The script enables the creation of a random network, which will be uploaded on Cytoscape for visualization and manipulation. Moreover, the script will analyse the basic features of the network such as the mean degree distribution of the nodes, and it will produce an HTML report file with statistics data and plots for further exploration. The file README contains a detailed description of the code, while the file fastscript.R provides the code as a single command to launch it directly on R. The file additional_features offers more options for the creation and exploration of the network.

Stage 0: R Packages

The packages required for this script can be summarized in three categories:

  1. Packages needed for the creation of the network, its analysis and its transfer to Cytoscape
  2. Packages needed for the plotting of the data extracted from the network
  3. Packages needed for the creation of the HTML report

Below you can find the necessary packages. Please ensure that they are all installed before launching the script. In case you miss some, you can find everything you need within the installation script.

# Packages installation
install.packages("igraph")
install.packages("ggplot2")
install.packages("htmltools")
install.packages("htmlwidgets")
if (!require("BiocManager", quietly = TRUE))
    install.packages("BiocManager")

BiocManager::install("RCy3")
# Packages needed for the script
library(igraph)
library(ggplot2)
library(htmltools)
library(RCy3)
library(htmlwidgets)

Stage 1: Network Creation

Now that all the packages are installed, we can proceed to the creation of the network. The package Igraph can provide different types of random networks. For this script, we will use the erdos.renyi.game. In case at the beginning you prefer to have at your disposal a network that remains constant, you can provide a seed for reproducibility.

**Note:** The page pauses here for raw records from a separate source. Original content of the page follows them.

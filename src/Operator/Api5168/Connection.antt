-- ===== src/Operator/Api5168/Connection.antt =====
-- What a lost connection means for the messages.
use aka_smsd.Common.{
  ℕ, zero, suc, ◌+◌, ◌≤◌, ◌≡◌, refl, ap, ◌∙◌, arith, true, false, ◌||◌, ltb, ◌==◌, ◌⊎◌,
}
use aka_smsd.Common.Code
use aka_smsd.Sms.{SmsMessage}
use aka_smsd.Gateway.World.{done}
use aka_smsd.Operator.Api5168.{
  Api, Gw5168, Resp, RoundEnd, again, lost, send, process, check_silence, after_active, keep_alive,
  after_recv, receive_once, receive,
}

module _ (api : Api) where
  check_silence-disconnected :
      (s : Gw5168 api) (now : ℕ)
      → s.connected ≡ false
      → (check_silence api s now).0.connected ≡ false
  unfolding check_silence
  check_silence-disconnected s now down = ground (arith, down)

  keep_alive-disconnected :
      (s : Gw5168 api) (now : ℕ) → s.connected ≡ false → (keep_alive api s now).0.connected ≡ false
  unfolding keep_alive after_active check_silence
  keep_alive-disconnected s now down = ground (arith, down)

  receive_once-disconnected :
      (s : Gw5168 api) → s.connected ≡ false → (receive_once api s).0.connected ≡ false
  unfolding receive_once after_recv process keep_alive after_active check_silence
  receive_once-disconnected s down = ground (arith, down)

  receive-disconnected :
      (n : ℕ) (s : Gw5168 api) → s.connected ≡ false → (receive api n s).0.connected ≡ false
  unfolding receive
  receive-disconnected zero s down = down
  receive-disconnected (suc n) s down =
      by_end (receive_once api s).1 refl
        (receive-disconnected n (receive_once api s).0 (receive_once-disconnected s down))
    where
      by_end :
          (end : RoundEnd)
          → (receive_once api s).1 ≡ end
          → (receive api n (receive_once api s).0).0.connected ≡ false
          → (receive api (suc n) s).0.connected ≡ false
      by_end lost e rest = rw (e, receive) (receive_once-disconnected s down)
      by_end again e rest = rw (e, receive) rest

  send-disconnected :
      (msg : SmsMessage) (s : Gw5168 api)
      → s.connected ≡ false
      → send api msg s ≡ done (s, Code.failed)
  unfolding send
  send-disconnected msg s down = rw down refl

  -- When `apiRecv` reports that a packet could not be received or that the network is gone (1 or
  -- 4), not more than 100,000 seconds after the last round without a packet and not more than
  -- 300,000 seconds after the last packet, the loop is not left: there is no new login. In this
  -- state and after any number of further rounds, whatever they receive, `Send` returns FAILED and
  -- changes nothing, for every message.
  pub receive_once-network_gone :
      (s : Gw5168 api) (world : api.World) (code : ℕ) (resp : Resp)
      → api.recv s.world ≡ (world, code, resp)
      → (code ≡ 1) ⊎ (code ≡ 4)
      → api.time world ≤ s.last_send_time + 100000
      → api.time world ≤ s.last_rcv_time + 300000
      → (s' : Gw5168 api) × (receive_once api s ≡ (s', again))
        × ((n : ℕ) (msg : SmsMessage)
            → send api msg (receive api n s').0 ≡ done ((receive api n s').0, Code.failed))
  unfolding receive_once after_recv keep_alive check_silence
  receive_once-network_gone s world code resp got gone recent silent =
      let not_zero : (code == 0) ≡ false = ground (arith, gone) in
      let is_gone : (code == 1 || code == 4) ≡ true = ground (arith, gone) in
      let quiet : ltb (s.last_send_time + 100000) (api.time world) ≡ false = ground arith in
      let short : ltb (s.last_rcv_time + 300000) (api.time world) ≡ false = ground arith in
      let s' : Gw5168 api = record s {
        connected = false;
        world = world;
        last_send_time = api.time world;
      } in
      (
        s',
        ap (after_recv api s) got ∙ rw (not_zero, is_gone, quiet, short) refl,
        λ n msg. send-disconnected msg (receive api n s').0 (receive-disconnected n s' refl),
      )
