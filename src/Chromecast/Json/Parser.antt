-- ===== src/Chromecast/Json/Parser.antt =====
-- chromecast/json.cc: Parser::value, parse_json, the lookups and quote.
pub mod Lengths
pub mod Total
pub mod Quoting
use phone.Prelude.{
  ℕ, zero, suc, ◌+◌, ◌*◌, ◌/◌, ◌%◌, Bool, true, false, not, ◌&&◌, List, [], ◌∷◌, ◌++◌, Option, none,
  some, length, list_eq, ltb, leb, ◌==◌, if◌then◌else◌, ◌>>=◌,
}
use phone.Prelude.Integers.{ℤ}
use phone.Prelude.Texts.{bytes_of}
use phone.Chromecast.Json.{
  Text, Json, Items, Fields, null, bool, number, string, array, object, no_items, item, no_fields,
  field, Numbers, Outcome, parsed, failed, out_of_fuel, bind, of_option, space, starts, tail,
  literal, quoted, parse_number,
}

abbrev pub maximum_depth : ℕ
maximum_depth = 32

-- A literal that was read has the value; otherwise the next attempt counts.
unfoldable pub or_else : Option Text → Json → Option (Json × Text) → Option (Json × Text)
or_else (some rest) value later = some (value, rest)
or_else none value later = later

unfoldable pub number_value : Option (ℕ × Text) → Option (Json × Text)
number_value none = none
number_value (some (n, rest)) = some (number n, rest)

-- The literals and numbers, tried in the order of the source.
unfoldable pub parse_word : Numbers → Text → Option (Json × Text)
parse_word f text = or_else (literal (bytes_of "true") text) (bool true) (
    or_else (literal (bytes_of "false") text) (bool false)
      (or_else (literal (bytes_of "null") text) null (number_value (parse_number f text))))

-- A value that is neither an object nor an array.
unfoldable pub parse_scalar : Numbers → Text → Outcome (Json × Text)
parse_scalar f text =
    if starts b'"' text
    then bind (quoted text) (λ (s, rest). parsed (string s, rest))
    else of_option (parse_word f text)

-- text[at++] is the byte.
unfoldable pub expect : ℕ → Text → Outcome Text
expect byte text = if starts byte text then parsed (tail text) else failed

-- Parser::value on the text from `at` on; each call of it and of its loops costs a unit of fuel.
unfoldable mutual
  pub parse_value : Numbers → ℕ → ℕ → Text → Outcome (Json × Text)
  parse_value f zero depth text = out_of_fuel
  parse_value f (suc fuel) depth text =
      let start = space text in
      let inner = space (tail start) in
      let members =
        bind (parse_members f fuel depth (tail start)) (λ (fs, rest). parsed (object fs, rest)) in
      let elements =
        bind (parse_items f fuel depth (tail start)) (λ (xs, rest). parsed (array xs, rest)) in
      if ltb maximum_depth depth
      then failed
      else if starts b'{' start
      then (if starts b'}' inner then parsed (object no_fields, tail inner) else members)
      else if starts b'[' start
      then (if starts b']' inner then parsed (array no_items, tail inner) else elements)
      else parse_scalar f start

  -- The loop over the members of an object.
  pub parse_members : Numbers → ℕ → ℕ → Text → Outcome (Fields × Text)
  parse_members f zero depth text = out_of_fuel
  parse_members f (suc fuel) depth text = bind (quoted (space text)) (λ (key, text1).
      bind (expect b':' (space text1)) (λ text2.
        bind (parse_value f fuel (depth + 1) text2) (λ (value, text3).
          let after = space text3 in
          let later =
            bind (parse_members f fuel depth (tail after))
              (λ (fs, rest). parsed (field key value fs, rest)) in
          if starts b',' after
          then later
          else if starts b'}' after
          then parsed (field key value no_fields, tail after)
          else failed)))

  -- The loop over the elements of an array.
  pub parse_items : Numbers → ℕ → ℕ → Text → Outcome (Items × Text)
  parse_items f zero depth text = out_of_fuel
  parse_items f (suc fuel) depth text =
      bind (parse_value f fuel (depth + 1) text) (λ (value, text1).
        let after = space text1 in
        let later =
          bind (parse_items f fuel depth (tail after))
            (λ (xs, rest). parsed (item value xs, rest)) in
        if starts b',' after
        then later
        else if starts b']' after
        then parsed (item value no_items, tail after)
        else failed)

-- The whole text is one value.
unfoldable pub end_of_text : Json → Text → Outcome Json
end_of_text value [] = parsed value
end_of_text value (c ∷ text) = failed

unfoldable pub parse_json : Numbers → Text → Outcome Json
parse_json f text =
    bind (parse_value f (2 * length text + 1) 0 text)
      (λ (value, rest). end_of_text value (space rest))

-- The first member with the key.
unfoldable pub member : Text → Fields → Option Json
member key no_fields = none
member key (field k value fs) =
    let later = member key fs in if list_eq k key then some value else later

unfoldable pub step_into : Text → Option Json → Option Json
step_into key (some (object fs)) = member key fs
step_into key _ = none

-- find; a null pointer is `none`.
unfoldable pub find : Option Json → List Text → Option Json
find value [] = value
find value (key ∷ path) = find (step_into key value) path

unfoldable pub as_string : Option Json → Option Text
as_string (some (string s)) = some s
as_string _ = none

unfoldable pub as_bool : Option Json → Option Bool
as_bool (some (bool b)) = some b
as_bool _ = none

unfoldable pub as_integer : Numbers → Option Json → Option ℤ
as_integer f (some (number n)) = if f.is_integer n then some (f.to_integer n) else none
as_integer f _ = none

unfoldable pub hex_char : ℕ → ℕ
hex_char d = if ltb d 10 then b'0' + d else b'W' + d

-- The bytes that quote writes for one; "\\u%04x" of a number below 0x20.
unfoldable pub quote_char : ℕ → Text
quote_char c =
    if c == b'"'
    then b'\\' ∷ b'"' ∷ []
    else if c == b'\\'
    then b'\\' ∷ b'\\' ∷ []
    else if c == 10
    then b'\\' ∷ b'n' ∷ []
    else if c == 13
    then b'\\' ∷ b'r' ∷ []
    else if c == 9
    then b'\\' ∷ b't' ∷ []
    else if ltb c 0x20
    then b'\\' ∷ b'u' ∷ b'0' ∷ b'0' ∷ hex_char (c / 16) ∷ hex_char (c % 16) ∷ []
    else c ∷ []

unfoldable pub quote_chars : Text → Text
quote_chars [] = []
quote_chars (c ∷ text) = quote_char c ++ quote_chars text

unfoldable pub quote : Text → Text
quote value = b'"' ∷ (quote_chars value ++ (b'"' ∷ []))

# Set a seed for reproducibility. You can choose a number of your preference
set.seed(106)
# Produce a random Network and visualize it
graph <- erdos.renyi.game(200, p = 0.05, directed = FALSE)
plot(graph, main = "Network")

With this script, the network will be immediately available and displayed. As you can see, most of the nodes are overlapping and, as such, it is difficult to visually interpret the network. The package Igraph provides a number of layouts that can help to better analyse the network that we are working with. For better visualization of the nodes the layout style graphopt is recommended.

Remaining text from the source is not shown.